**Dataset entries:**
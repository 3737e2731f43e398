-- ===== src/Tests/Requests.antt =====
-- The pending requests of core/pendingCalls.ts at concrete inputs.
use axtp_ts_runtime.Common.{
  ℕ, ◌+◌, List, [], ◌∷◌, true, false, ltb, if◌then◌else◌, ◌≡◌, refl, arith,
}
use axtp_ts_runtime.Common.Maps.{lookup, insert, delete}
use axtp_ts_runtime.Pending.{
  new_calls, resolves, rejects, drops, Call, requests, responds, rejects_all, times_out, run,
}
use axtp_ts_runtime.Pending.Once.{settled, waiting}
use axtp_ts_runtime.Pending.Runs.{run_once}

-- Three requests, of which the second cannot be sent; a response; a response to an unknown id; the
-- timer of the third; and a disconnection with nothing left.
abbrev calls : List (Call ℕ)
calls =
    requests true
    ∷ requests false
    ∷ requests true
    ∷ responds 1 77
    ∷ responds 9 78
    ∷ times_out 2
    ∷ rejects_all 0x1e
    ∷ []

settles_in_order : (run calls new_calls).1 ≡ drops 1 ∷ resolves 0 77 ∷ rejects 2 0x3e ∷ []
unfolding run lookup insert delete
settles_in_order = refl

run_once_example :
    let (s, log) = run calls new_calls in
    settled 2 log + waiting 2 s.pending ≡ (if ltb 2 s.promises then 1 else 0)
run_once_example = run_once calls 2 (omega arith)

**Activity:** Return only the number of lines in the entries above that contain the word "settled".

**Exercise response:** 2